Centre for Advanced Studies, Dr. A.P.J. Abdul Kalam Technical University, New Campus, Lucknow, 226031, India.
Amity Institute for Environmental Toxicology, Safety and Management, Amity University, Noida, India.
Med Biol Eng Comput. 2020 Aug;58(8):1751-1765. doi: 10.1007/s11517-020-02198-6. Epub 2020 Jun 1.
The brain of a human and other organisms is affected by the electromagnetic field (EMF) radiations, emanating from the cell phones and mobile towers. Prolonged exposure to EMF radiations may cause neurological changes in the brain, which in turn may bring chemical as well as morphological changes in the brain. Conventionally, the identification of EMF radiation effect on the brain is performed using cellular-level analysis. In the present work, an automatic image processing-based approach is used where geometric features extracted from the segmented brain region has been analyzed for identifying the effect of EMF radiation on the morphology of a brain, using drosophila as a specimen. Genetic algorithm-based evolutionary feature selection algorithm has been used to select an optimal set of geometrical features, which, when fed to the machine learning classifiers, result in their optimal performance. The best classification accuracy has been obtained with the neural network with an optimally selected subset of geometrical features. A statistical test has also been performed to prove that the increase in the performance of classifier post-feature selection is statistically significant. This machine learning-based study indicates that there exists discrimination between the microscopic brain images of the EMF-exposed drosophila and non-exposed drosophila. Graphical abstract Proposed Methodology for identification of radiofrequency electromagnetic radiation (RF-EMR) effect on the morphology of brain of Drosophila.

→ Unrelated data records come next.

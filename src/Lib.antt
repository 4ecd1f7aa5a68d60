-- ===== src/Lib.antt =====
-- Verification library of the training operations backend (repo/backend, Go).
--
-- The backend books rooms and instructors for training sessions and keeps the tasks of a training
-- plan, for several tenants. Handlers call services, a service calls a store through an interface
-- (repo/backend/internal/repository/interfaces.go), and a store is a repository in memory or in
-- Postgres. This library models the booking, the task, the authentication, the ingestion, the
-- audit and the content components: their records, services and in-memory repositories; and the
-- checks of roles and tenants.
--
-- Files and what they model:
--   Base          shared names, Boolean tests, lists, 64-bit integers, decimal text, results,
--                 association lists for Go's maps and invariants over them, sort.Slice.
--   Clock         the parts of Go's package time that the code uses, in nanoseconds.
--   Booking/Data, Booking/Store
--                 repo/backend/internal/model/booking.go and the BookingStore interface, a record of
--                 operations on a state of the store's own.
--   Booking/Conflict, Booking/Memory
--                 repo/backend/internal/repository/memory/booking_store.go. CreateHold is create_hold,
--                 ReleaseExpiredHolds release_expired_holds, and so on; a method takes the repository
--                 and returns the new one. The mutex makes each method one step.
--   Booking/Postgres
--                 the booking methods of repo/backend/internal/repository/postgres/workflow_store.go.
--                 Tables are lists of rows (Base/Rows), an UPDATE with a condition is update_where. A
--                 method is one transaction (Methods); Race takes the check and the insert of
--                 CreateHold as two steps, with the lock on the row of the room between them; Reserve is
--                 ReserveLearnerSeat of admin_learner_store.go, without the table of reservations. What
--                 the server and the calendar compute are the fields of the record Server.
--   Security/Token
--                 repo/backend/internal/security/token.go. JSON, base64, HMAC and Split are the fields of
--                 the record Codec.
--   Api/Guard, Api/Router
--                 repo/backend/internal/api/middleware/auth.go, tenant.go and audit.go, and the routes
--                 of repo/backend/internal/api/router.go. auth_guard gives the request that the next
--                 handler sees, enter adds the check of the route's roles, and serve the choice of the
--                 route, which is a parameter: the server library's. The guard has a store of sessions,
--                 as NewServer always sets one.
--   Api/Http, Api/Booking
--                 repo/backend/internal/api/handlers/booking.go, with the tenant and the audit metadata
--                 of the request's context and the headers that the middleware set. A handler takes
--                 the bound request, or none where binding failed, and the instants of its calls of
--                 time.Now, and returns the new stores and the response.
--   Booking/Service, Booking/Service/Alternatives
--                 repo/backend/internal/service/booking.go, over any BookingStore. The nested loops of
--                 SuggestAlternatives are recursions on the lists and on the rounds left.
--   Task/Data, Task/Store, Task/Memory
--                 repo/backend/internal/model/task.go, the TaskStore interface and
--                 repo/backend/internal/repository/memory/task_store.go.
--   Task/Dag, Task/Service
--                 repo/backend/internal/service/task.go. The recursive closure of ValidateDAG takes
--                 fuel, one more than the graph has keys.
--   Task/Postgres repo/backend/internal/repository/postgres/workflow_store.go, UpsertTask and GetTask, each one
--                 statement; Upsert holds what a written task reads as. Casts, the dates of a column
--                 and the values that the columns admit are parameters.
--   Auth/Data, Auth/Store, Auth/Memory
--                 repo/backend/internal/model/models.go (users and sessions), the user and session
--                 interfaces, and repo/backend/internal/repository/memory/store.go.
--   Auth/Postgres repo/backend/internal/repository/postgres/store.go, its sessions: Revoked holds what
--                 revoking leaves, Rotation what a rotation does. A method is one transaction on
--                 the tables, on a configured pool; the casts and the clock of the server are
--                 parameters.
--   Auth/Password, Auth/Lockout, Auth/Service
--                 repo/backend/internal/security/password.go and lockout.go, and
--                 repo/backend/internal/service/auth.go. bcrypt (generate and compare), the IDs of
--                 GenerateUUID and the Unicode tables (Auth/Unicode) are parameters.
--   Ingestion     repo/backend/internal/service/ingestion.go: Pool has the two rotations, Limit the limit on
--                 requests (allowRequest), Bot the bot over any IngestionStore, Text strings.Contains.
--                 An index past the end of a rotation, which panics in Go, is `none`.
--   Audit         repo/backend/internal/service/audit.go (Trail) and hold_expiry_worker.go (Worker). The
--                 worker sweeps at a list of instants, which its ticker gives.
--   Access        repo/backend/internal/api/middleware/authorization.go.
--   Content       repo/backend/internal/model/content.go, repository/memory/content_store.go (Memory) and
--                 service/content.go (Upload: metadata rules and uploads in chunks; Duplicates: the merging
--                 of duplicates). SHA-256 and the file that an upload is written to are parameters.
-- The modules below these hold their theorems, by what they prove; Tests modules hold runs of the
-- code and the theorems at concrete inputs.
--
-- Conventions. An int or int64 is an integer; counters and sums wrap around at 64 bits, while
-- comparisons need no bound. An instant is a number of nanoseconds since Go's zero time, and
-- arithmetic on instants is exact. Columns of times on Postgres keep them whole in the booking and
-- session tables, where a column ends at the microsecond. The handlers read the clock before a store
-- runs, so the histories of steps say where they ask that no step's time is before that of an earlier
-- one. A map is an association list; the code ranges over maps in an
-- unspecified order, the model in the order of the list, and the theorems hold for every list.
-- sort.Slice is a stable insertion sort, where Go leaves the order of equal elements open.
-- strings.ToLower and the classes of runes are parameters, as the Unicode tables are not part of
-- the repository. Contexts are left out, since the in-memory repositories do not read them.
--
-- Not modelled: the share links of content.go, the users on Postgres, the other
-- Postgres repositories, the logging middleware, the
-- other handlers, reporting, the configuration, the third-party
-- packages and the frontend.
pub mod Base
pub mod Clock
pub mod Booking
pub mod Task
pub mod Auth
pub mod Ingestion
pub mod Audit
pub mod Access
pub mod Content
pub mod Security
pub mod Api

人脑和其他生物体的大脑会受到来自手机和移动基站的电磁场 (EMF) 辐射的影响。长时间暴露在 EMF 辐射下可能会导致大脑的神经变化,进而导致大脑中的化学和形态变化。传统上,使用细胞水平分析来确定 EMF 辐射对大脑的影响。在本工作中,使用了一种基于自动图像处理的方法,其中从分割的大脑区域提取的几何特征已被分析,以使用果蝇作为样本识别 EMF 辐射对大脑形态的影响。基于遗传算法的进化特征选择算法用于选择一组最佳的几何特征,当将这些特征输入到机器学习分类器中时,会得到它们的最佳性能。使用神经网络和最佳选择的几何特征子集获得了最佳的分类准确性。还进行了统计检验以证明特征选择后分类器性能的提高在统计学上是显著的。这项基于机器学习的研究表明,暴露于射频电磁辐射 (RF-EMR) 的果蝇和未暴露于 RF-EMR 的果蝇的微观大脑图像之间存在差异。